Could you report every line of the listing below that holds the word "which"?
★ ★ ★ ★ ★
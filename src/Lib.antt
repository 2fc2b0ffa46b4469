-- ===== src/Lib.antt =====
-- Ratatosk: a model of the server's own logic and proofs about it.
--
-- The program is a Redis-compatible server in Rust. A client's bytes are parsed into a frame
-- (crates/ratatosk-resp/src/parse.rs), a command handler answers with a frame, and the answer is
-- encoded for the client's protocol version (crates/ratatosk-resp/src/encode.rs). A client on the
-- same machine may speak through a pair of byte rings in shared memory
-- (crates/ratatosk-shm/src/ring.rs) instead of a socket. Published messages go through the
-- subscription indexes (crates/ratatosk-engine/src/pubsub.rs), and two limiters bound failed logins
-- and new connections by address.
--
-- Files and what they model:
--   Prelude       native numbers, Boolean tests, lists, integers and decimal text
--   Resp/Frame    RespFrame; an absent bulk string is `bulk_string none`
--   Resp/Encode   encode, encode_for_version and what they call; output is a list of bytes and an
--                 appending routine takes and returns it
--   Resp/Length   encoded_len and encoded_len_for_version, with their saturating additions
--   Resp/Segments ReplySegments, one round of the loop of `next` at a time; 4 rounds for each part of
--                 the frame are enough
--   Resp/Line     find_crlf, parse_line_offsets, ensure_plain_line
--   Resp/Inline   the inline command splitter, one step per loop round
--   Resp/Parse    describe_* and materialize
--   Shm/Ring      RingView, Producer, Consumer; control words are fields of a record
--
--   PubSub        pubsub.rs of crates/ratatosk-engine/src: subscriptions both ways, delivery
--   Object        object.rs of crates/ratatosk-engine/src: integers and index ranges of arguments
--   Keyspace      keyspace.rs and the memory estimate of eviction.rs of crates/ratatosk-engine/src:
--                 Value and Memory for stored values, SetValue for sets, Shard, Guard (DbWriteGuard),
--                 State (DataState). The write guard also lends its map out (`DerefMut`), and handlers
--                 edit values in place: `edit_in_place`, a function on the value. No memory counter
--                 follows such an edit; `recompute_memory_estimates` counts again
--   Command       command/cmd_key.rs and expiry.rs of crates/ratatosk-engine/src; a reply is an integer,
--                 OK or an error, which stands for its text
--   Slot          slot.rs of crates/ratatosk-engine/src
--   RateLimit     auth_rate_limiter.rs of crates/ratatosk-engine/src and rate_limiter.rs of
--                 crates/ratatosk-server/src
--
-- Hash maps are association lists with one entry for each key and hash sets are lists; an iteration
-- runs in the order of the list. The sender of a client of PubSub with its queue, and the glob match,
-- are parameters.
-- The memchr crate and the standard library's number formatting are fields of Resp.Crates.Crates,
-- with what the code relies on as laws; `plain_crates` is an instance. Numbers are natural numbers:
-- additions of u64 in the ring are written modulo 2^64, saturating ones are cut off at 2^64 - 1.
-- The recursion of the parser is on MAX_NESTING_DEPTH - depth, which the source bounds by its check;
-- loops over a buffer take the buffer's length as fuel.
--
-- A database's lock is held for a whole call, so a call of the write guard is one step on the shard,
-- its memory counter and the shared counter of key versions; a score is the bits of its f64.
--
-- Not modelled: the sharing of buffers (Bytes), atomic memory orders, sockets, threads and files.
pub mod Prelude
pub mod Resp
pub mod Shm
pub mod PubSub
pub mod RateLimit
pub mod Object
pub mod Keyspace
pub mod Command
pub mod Slot
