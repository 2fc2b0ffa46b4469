-- ===== src/Command.antt =====
-- Command handlers, crates/ratatosk-engine/src/command.
mod Tests
pub mod Scan
pub mod Reply
pub mod Expiry
pub mod Key
pub mod Ttl
pub mod Delete
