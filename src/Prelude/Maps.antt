-- ===== src/Prelude/Maps.antt =====
-- Hash maps as association lists: an insert replaces in place or appends, a removal takes every
-- entry of the key out.
use mathlib.Core.Path.{◌≡◌, refl, ap, ◌∙◌}
use mathlib.Core.Logic.{inl, inr}
use mathlib.Core.Bool.{Bool, true, false}
use mathlib.Core.Option.{Option, none, some}
use mathlib.Core.List.{List, [], ◌∷◌}
use native.Mathlib.Omega.{arith}
use ratatosk.Prelude.Tests.{if◌then◌else◌, Bool-cases, Option-cases}
use ratatosk.Prelude.Eq.{Eq, beq_self}
use ratatosk.Prelude.Lists.{length}
use Prim.Native.Nat.{suc, ◌≤◌}

abbrev pub Map : Type 0 → Type 0 → Type 0
Map K V = List (K × V)

abbrev pub is_some {ℓ} : {A : Type ℓ} → Option A → Bool
is_some none = false
is_some (some a) = true

abbrev pub kept : {V : Type 0} → (V → Option V) → Option V → Option V
kept keep none = none
kept keep (some v) = keep v

abbrev pub retained : {K V : Type 0} → K → Option V → Map K V → Map K V
retained j none m = m
retained j (some v) m = (j, v) ∷ m

module _ {K V : Type 0} ⦃e : Eq K⦄ where
  unfoldable pub lookup : K → Map K V → Option V
  lookup k [] = none
  lookup k ((j, v) ∷ m) = if e.beq j k then some v else lookup k m

  unfoldable pub insert : K → V → Map K V → Map K V
  insert k v [] = (k, v) ∷ []
  insert k v ((j, w) ∷ m) = if e.beq j k then (j, v) ∷ m else (j, w) ∷ insert k v m

  unfoldable pub remove : K → Map K V → Map K V
  remove k [] = []
  remove k ((j, w) ∷ m) = let rest = remove k m in if e.beq j k then rest else (j, w) ∷ rest

  abbrev pub contains_key : K → Map K V → Bool
  contains_key k m = is_some (lookup k m)

  pub lookup-nil : (k : K) → lookup k [] ≡ none
  unfolding lookup
  lookup-nil k = refl

  pub lookup-insert :
      (k j : K) (v : V) (m : Map K V)
      → lookup j (insert k v m) ≡ (if e.beq k j then some v else lookup j m)
  unfolding lookup insert
  lookup-insert k j v [] = refl
  lookup-insert k j v ((i, w) ∷ m) =
      ground (arith, e.beq_iff k j, e.beq_iff i k, e.beq_iff i j, lookup-insert k j v m)

  pub lookup-remove :
      (k j : K) (m : Map K V) → lookup j (remove k m) ≡ (if e.beq k j then none else lookup j m)
  unfolding lookup remove
  lookup-remove k j [] = ground arith
  lookup-remove k j ((i, w) ∷ m) =
      ground (arith, e.beq_iff k j, e.beq_iff i k, e.beq_iff i j, lookup-remove k j m)

  pub lookup-insert_self : (k : K) (v : V) (m : Map K V) → lookup k (insert k v m) ≡ some v
  lookup-insert_self k v m = ground (arith, lookup-insert k k v m, beq_self k)

  pub lookup-remove_self : (k : K) (m : Map K V) → lookup k (remove k m) ≡ none
  lookup-remove_self k m = ground (arith, lookup-remove k k m, beq_self k)

  -- `retain`, whose test may also change the value.
  pub retain : (V → Option V) → Map K V → Map K V
  retain keep [] = []
  retain keep ((j, v) ∷ m) = retained j (keep v) (retain keep m)

  -- Each key has one entry.
  abbrev pub IsUnique : Map K V → Type 0
  IsUnique [] = Unit
  IsUnique ((j, v) ∷ m) = (lookup j m ≡ none) × IsUnique m

  pub remove-missing : (k : K) (m : Map K V) → lookup k m ≡ none → remove k m ≡ m
  unfolding lookup remove
  remove-missing k [] = λ (h : none ≡ none). refl
  remove-missing k ((j, w) ∷ m) = elim (Bool-cases (e.beq j k)) [
    | inl b ↦ rw b (λ (h : some w ≡ none). cc)
    | inr b ↦
        rw b (λ (h : lookup k m ≡ none). ap (λ (t : Map K V). (j, w) ∷ t) (remove-missing k m h))
  ]

  pub insert-IsUnique : (k : K) (v : V) (m : Map K V) → IsUnique m → IsUnique (insert k v m)
  unfolding insert
  insert-IsUnique k v [] u = (lookup-nil k, tt)
  insert-IsUnique k v ((j, w) ∷ m) (fresh, u) = elim (Bool-cases (e.beq j k)) [
    | inl h ↦ rw h (fresh, u)
    | inr h ↦ rw h (
      ground (arith, lookup-insert k j v m, e.beq_iff k j, e.beq_iff j k),
      insert-IsUnique k v m u,
    )
  ]

  pub remove-IsUnique : (k : K) (m : Map K V) → IsUnique m → IsUnique (remove k m)
  unfolding remove
  remove-IsUnique k [] u = tt
  remove-IsUnique k ((j, w) ∷ m) (fresh, u) = elim (Bool-cases (e.beq j k)) [
    | inl h ↦ rw h (remove-IsUnique k m u)
    | inr h ↦ rw h (ground (arith, lookup-remove k j m), remove-IsUnique k m u)
  ]

  pub lookup-retain :
      (keep : V → Option V) (k : K) (m : Map K V)
      → IsUnique m
      → lookup k (retain keep m) ≡ kept keep (lookup k m)
  unfolding retain lookup
  lookup-retain keep k [] u = refl
  lookup-retain keep k ((j, v) ∷ m) (fresh, u) =
      let ih = lookup-retain keep k m u in
      elim (Option-cases (keep v)) [
        | inl n ↦ rw n (ground (arith, ih, e.beq_iff j k, n, fresh))
        | inr (x, h) ↦ rw h (ground (arith, ih, e.beq_iff j k, h))
      ]

  pub length-insert :
      (k : K) (v : V) (m : Map K V)
      → length (insert k v m) ≡ (if contains_key k m then length m else suc (length m))
  unfolding insert lookup
  length-insert k v [] = refl
  length-insert k v ((j, w) ∷ m) = ground (arith, length-insert k v m)

  pub length-remove : (k : K) (m : Map K V) → length (remove k m) ≤ length m
  unfolding remove
  length-remove k [] = omega arith
  length-remove k ((j, w) ∷ m) = ground (arith, length-remove k m)

  pub length-retain : (keep : V → Option V) (m : Map K V) → length (retain keep m) ≤ length m
  unfolding retain
  length-retain keep [] = omega arith
  length-retain keep ((j, w) ∷ m) = elim (Option-cases (keep w)) [
    | inl n ↦ rw n (omega (arith, length-retain keep m))
    | inr (x, h) ↦ rw h (omega (arith, length-retain keep m))
  ]

  retained-IsUnique :
      (keep : V → Option V) (j : K) (o : Option V) (m : Map K V)
      → lookup j m ≡ none
      → IsUnique m
      → IsUnique (retain keep m)
      → IsUnique (retained j o (retain keep m))
  retained-IsUnique keep j none m fresh u ih = ih
  retained-IsUnique keep j (some x) m fresh u ih =
      (lookup-retain keep j m u ∙ ap (kept keep) fresh, ih)

  pub retain-IsUnique : (keep : V → Option V) (m : Map K V) → IsUnique m → IsUnique (retain keep m)
  unfolding retain
  retain-IsUnique keep [] u = tt
  retain-IsUnique keep ((j, w) ∷ m) (fresh, u) =
      retained-IsUnique keep j (keep w) m fresh u (retain-IsUnique keep m u)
★ ★ ★ ★ ★
* RESULT OF THIS TASK:
--                 OK or an error, which stands for its text
-- The recursion of the parser is on MAX_NESTING_DEPTH - depth, which the source bounds by its check;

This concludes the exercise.